[Records from a data collection]

※ ※ ※

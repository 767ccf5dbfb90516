-- ===== src/Utils/Window.antt =====
-- The items of an array from an index on, going round at its end: what the two ring buffers hold.
use native.Mathlib.Nat.{mod-add-mod, mod-eq_of_lt, mod-eq-sub-mod}
use native.Mathlib.Decide.{dec_lt}
use rust_root_task_demo.Common.{
  get_or-set_ne, get_or-set_self, set, get_or, length, arith, [], List, inr, inl, ap₂, ap, sym,
  refl, suc, zero, ◌∙◌, ◌++◌, ◌∷◌, ◌⊎◌, ◌≢◌, ◌≡◌, ◌<◌, ◌≤◌, ◌%◌, ◌-◌, ◌+◌, ℕ,
}

-- Of two rounds, `%` takes off at most one.
pub mod_second_round : (x cap : ℕ) → cap ≤ x → x < cap + cap → x % cap ≡ x - cap
mod_second_round x cap le lt =
    mod-eq-sub-mod {n = x} {m = cap} le ∙ mod-eq_of_lt {n = x - cap} {m = cap} (omega arith)

-- The cases of `x % cap` in the first two rounds.
pub mod_cases :
    (x cap : ℕ) → x < cap + cap → ((x < cap) × (x % cap ≡ x)) ⊎ ((cap ≤ x) × (x % cap ≡ x - cap))
mod_cases x cap lt = elim (dec_lt x cap) [
  | yes h ↦ inl (h, mod-eq_of_lt h)
  | no h ↦ inr (omega arith, mod_second_round x cap (omega arith) lt)
]

module _ {ℓ} {A : Type ℓ} where
  -- `f k`, `f (k + 1)`, and so on, `n` of them
  abbrev pub slice : (ℕ → A) → ℕ → ℕ → List A
  slice f k zero = []
  slice f k (suc n) = f k ∷ slice f (suc k) n

  pub length-slice : (f : ℕ → A) (k n : ℕ) → length (slice f k n) ≡ n
  length-slice f k zero = refl
  length-slice f k (suc n) = ap suc (length-slice f (suc k) n)

  pub slice-suc : (f : ℕ → A) (k n : ℕ) → slice f k (suc n) ≡ slice f k n ++ (f (k + n) ∷ [])
  slice-suc f k zero = ap (λ (j : ℕ). f j ∷ []) (omega arith)
  slice-suc f k (suc n) =
      ap (λ (ys : List A). f k ∷ ys) (slice-suc f (suc k) n)
      ∙ ap (λ (j : ℕ). f k ∷ (slice f (suc k) n ++ (f j ∷ []))) (omega arith)

  pub slice_ext :
      (f g : ℕ → A) (n k k' : ℕ)
      → ((j : ℕ) → j < n → f (k + j) ≡ g (k' + j))
      → slice f k n ≡ slice g k' n
  slice_ext f g zero k k' h = refl
  slice_ext f g (suc n) k k' h =
      ap₂ ◌∷◌ (ap f (omega arith) ∙ h 0 (omega arith) ∙ ap g (omega arith)) (
        slice_ext f g n (suc k) (suc k')
          λ j lt. ap f (omega arith) ∙ h (suc j) (omega arith) ∙ ap g (omega arith))

module _ {ℓ} {A : Type ℓ} (d : A) (cap : ℕ) where
  -- The item at position `k`, counted round the array.
  abbrev pub cell : List A → ℕ → A
  cell items k = get_or items (k % cap) d

  abbrev pub window : List A → ℕ → ℕ → List A
  window items start n = slice (cell items) start n

  -- Fewer than `cap` positions on lies another cell.
  pub cells_apart :
      (start j n : ℕ) → start < cap → j < n → n < cap → (start + n) % cap ≢ (start + j) % cap
  cells_apart start j n hs hj hn =
      omega
        (arith, mod_cases (start + n) cap (omega arith), mod_cases (start + j) cap (omega arith))

  pub mod-window_lt : (k : ℕ) → 0 < cap → k % cap < cap
  mod-window_lt k h = omega arith

  -- A write just past the window leaves it as it is.
  pub window-set_past :
      (items : List A) (start n : ℕ) (x : A)
      → start < cap
      → n < cap
      → window (set items ((start + n) % cap) x) start n ≡ window items start n
  window-set_past items start n x hs hn =
      slice_ext (cell (set items ((start + n) % cap) x)) (cell items) n start start λ j lt.
        get_or-set_ne items ((start + n) % cap) ((start + j) % cap) x d
          (cells_apart start j n hs lt hn)

  -- A write just past the window extends it by that item.
  pub window-set :
      (items : List A) (start n : ℕ) (x : A)
      → length items ≡ cap
      → start < cap
      → n < cap
      → window (set items ((start + n) % cap) x) start (suc n) ≡ window items start n ++ (x ∷ [])
  window-set items start n x len hs hn =
      slice-suc (cell (set items ((start + n) % cap) x)) start n
      ∙ ap₂ (λ (xs : List A) (y : A). xs ++ (y ∷ [])) (window-set_past items start n x hs hn)
          (get_or-set_self items ((start + n) % cap) x d (omega (arith, mod-window_lt (start + n))))

  -- Dropping the first item moves the start by one, round the array.
  pub window-advance :
      (items : List A) (start n : ℕ)
      → window items (suc start) n ≡ window items ((start + 1) % cap) n
  window-advance items start n =
      slice_ext (cell items) (cell items) n (suc start) ((start + 1) % cap) λ j lt.
        ap (λ (i : ℕ). get_or items i d)
          (ap (λ (i : ℕ). i % cap) (omega arith) ∙ sym (mod-add-mod (start + 1) cap j))
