-- ===== src/Utils/SafeRingBuffer/Laws.antt =====
-- The items that a `SafeRingBuffer` holds, oldest first.
use native.Mathlib.Decide.{dec_lt}
use native.Mathlib.Nat.{mod-eq_of_lt, mod-add-mod}
use rust_root_task_demo.Common.{
  ap₂, sym, write_in_range, read_in_range, ret, length-replicate, length-set, set, get_or, length,
  ltb_of_le, ltb_of_lt, ==_eq, ==_ne, ltb, arith, [], List, false, true, ap, refl, suc, ◌∙◌, ◌∷◌,
  ◌≡◌, ◌<◌, ◌≤◌, ◌^◌, ◌%◌, ◌-◌, ◌+◌, ℕ,
}
use rust_root_task_demo.Utils.Queue
use rust_root_task_demo.Utils.Window.{window, length-slice, cell, window-set, window-advance}
use rust_root_task_demo.Utils.SafeRingBuffer.{
  SafeRingBuffer, new, pop_safe, push_safe, fetch_add, fetch_sub,
}

module _ {ℓ} {A : Type ℓ} (d : A) (cap : ℕ) where
  pub record IsValid (r : SafeRingBuffer A) : Type 0 where
    pub slots : length r.items ≡ cap
    pub cap_lt : cap < 2 ^ 64
    pub start_in : r.start < cap
    pub count_in : r.count ≤ cap
    pub end_eq : r.end ≡ (r.start + r.count) % cap

  -- What the buffer holds, oldest first.
  abbrev pub contents : SafeRingBuffer A → List A
  contents r = window d cap r.items r.start r.count

  pub new-IsValid : 0 < cap → cap < 2 ^ 64 → IsValid (new d cap)
  unfolding new
  new-IsValid pos lt = record {
    slots = length-replicate cap d;
    cap_lt = lt;
    start_in = pos;
    count_in = omega arith;
    end_eq = omega arith;
  }

  pub contents-new : contents (new d cap) ≡ []
  unfolding new
  contents-new = refl

  module _ (r : SafeRingBuffer A) (v : IsValid r) where
    pub length-contents : length (contents r) ≡ r.count
    length-contents = length-slice (cell d cap r.items) r.start r.count

    end_in : r.end < cap
    end_in = omega (arith, v.end_eq, v.start_in)

    next_end : (n : ℕ) → ((r.start + n) % cap + 1) % cap ≡ (r.start + (n + 1)) % cap
    next_end n = mod-add-mod (r.start + n) cap 1 ∙ ap (λ (k : ℕ). k % cap) (omega arith)

    next_start : (n : ℕ) → 0 < n → ((r.start + 1) % cap + (n - 1)) % cap ≡ (r.start + n) % cap
    next_start n h = mod-add-mod (r.start + 1) cap (n - 1) ∙ ap (λ (k : ℕ). k % cap) (omega arith)

    split_first :
        0 < r.count
        → contents r
          ≡ get_or r.items r.start d
            ∷ window d cap r.items ((r.start + 1) % cap) (fetch_sub r.count)
    split_first h =
        let less : r.count ≡ suc (fetch_sub r.count) = omega (arith, h, v.count_in, v.cap_lt) in
        ap (λ (n : ℕ). window d cap r.items r.start n) less
        ∙ ap₂ ◌∷◌ (ap (λ (i : ℕ). get_or r.items i d) (mod-eq_of_lt v.start_in))
            (window-advance d cap r.items r.start (fetch_sub r.count))

    -- `push_safe` on a valid buffer does not panic: it answers as the queue of at most `SIZE`
    -- items does, leaves the buffer holding that queue's items, and keeps it valid.
    pub push_safe_refines :
        (x : A)
        → (r' : SafeRingBuffer A) × (push_safe cap r x
            ≡ ret ((Queue.push cap (contents r) x).0, r'))
          × (contents r' ≡ (Queue.push cap (contents r) x).1)
          × IsValid r'
    unfolding push_safe Queue.push
    push_safe_refines x = elim (dec_lt r.count cap) [
      | yes room ↦
          let test : ltb (length (contents r)) cap ≡ true =
            rw length-contents (ltb_of_lt r.count cap room) in
          let counted : fetch_add r.count ≡ suc r.count = omega (arith, room, v.cap_lt) in
          (
            record r {
              items = set r.items r.end x;
              end = (r.end + 1) % cap;
              count = fetch_add r.count;
            },
            rw
                (
                  test,
                  ==_ne r.count cap (omega (arith, room)),
                  write_in_range r.items r.end x (omega (arith, v.slots, end_in)),
                )
                refl,
            rw (test, counted)
                (ap (λ (e : ℕ). window d cap (set r.items e x) r.start (suc r.count)) v.end_eq
                  ∙ window-set d cap r.items r.start r.count x v.slots v.start_in room),
            record {
              slots = length-set r.items r.end x ∙ v.slots;
              cap_lt = v.cap_lt;
              start_in = v.start_in;
              count_in = omega (arith, counted, room);
              end_eq =
                  rw (counted, v.end_eq)
                    (next_end r.count ∙ ap (λ (k : ℕ). (r.start + k) % cap) (omega arith));
            },
          )
      | no full ↦
          let test : ltb (length (contents r)) cap ≡ false =
            rw length-contents (ltb_of_le r.count cap (omega (arith, full))) in
          (r, rw (test, ==_eq r.count cap (omega (arith, full, v.count_in))) refl, rw test refl, v)
    ]

    -- `pop_safe` on a valid buffer does not panic: it returns the oldest item and leaves the
    -- others in order, or it returns `None` and changes nothing if the buffer is empty.
    pub pop_safe_refines :
        (r' : SafeRingBuffer A) × (pop_safe cap r ≡ ret ((Queue.pop (contents r)).0, r'))
        × (contents r' ≡ (Queue.pop (contents r)).1)
        × IsValid r'
    unfolding pop_safe Queue.pop
    pop_safe_refines = elim (dec_lt 0 r.count) [
      | yes some_item ↦
          let split : contents r
              ≡ get_or r.items r.start d
                ∷ window d cap r.items ((r.start + 1) % cap) (fetch_sub r.count) =
            split_first some_item in
          (
            record r { start = (r.start + 1) % cap; count = fetch_sub r.count },
            rw
                (
                  split,
                  ==_ne r.count 0 (omega (arith, some_item)),
                  read_in_range r.items r.start d (omega (arith, v.slots, v.start_in)),
                )
                refl,
            rw split refl,
            record {
              slots = v.slots;
              cap_lt = v.cap_lt;
              start_in = omega (arith, v.start_in);
              count_in = omega (arith, v.count_in, v.cap_lt);
              end_eq =
                  v.end_eq
                  ∙ sym (next_start r.count some_item)
                  ∙ ap (λ (k : ℕ). ((r.start + 1) % cap + k) % cap)
                      (omega (arith, v.count_in, v.cap_lt));
            },
          )
      | no none_left ↦
          let e : r.count ≡ 0 = omega (arith, none_left) in
          let nothing : contents r ≡ [] = ap (window d cap r.items r.start) e in
          (r, rw (nothing, ==_eq r.count 0 e) refl, rw nothing refl, v)
    ]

※ ※ ※

- _Exercise requirements_
The answer must be an exact copy of the lines from the one containing "cap + k) % cap)" through the last line of the records, both included.

- _Finished exercise_
                  ∙ ap (λ (k : ℕ). ((r.start + 1) % cap + k) % cap)
                      (omega (arith, v.count_in, v.cap_lt));
            },
          )
      | no none_left ↦
          let e : r.count ≡ 0 = omega (arith, none_left) in
          let nothing : contents r ≡ [] = ap (window d cap r.items r.start) e in
          (r, rw (nothing, ==_eq r.count 0 e) refl, rw nothing refl, v)
    ]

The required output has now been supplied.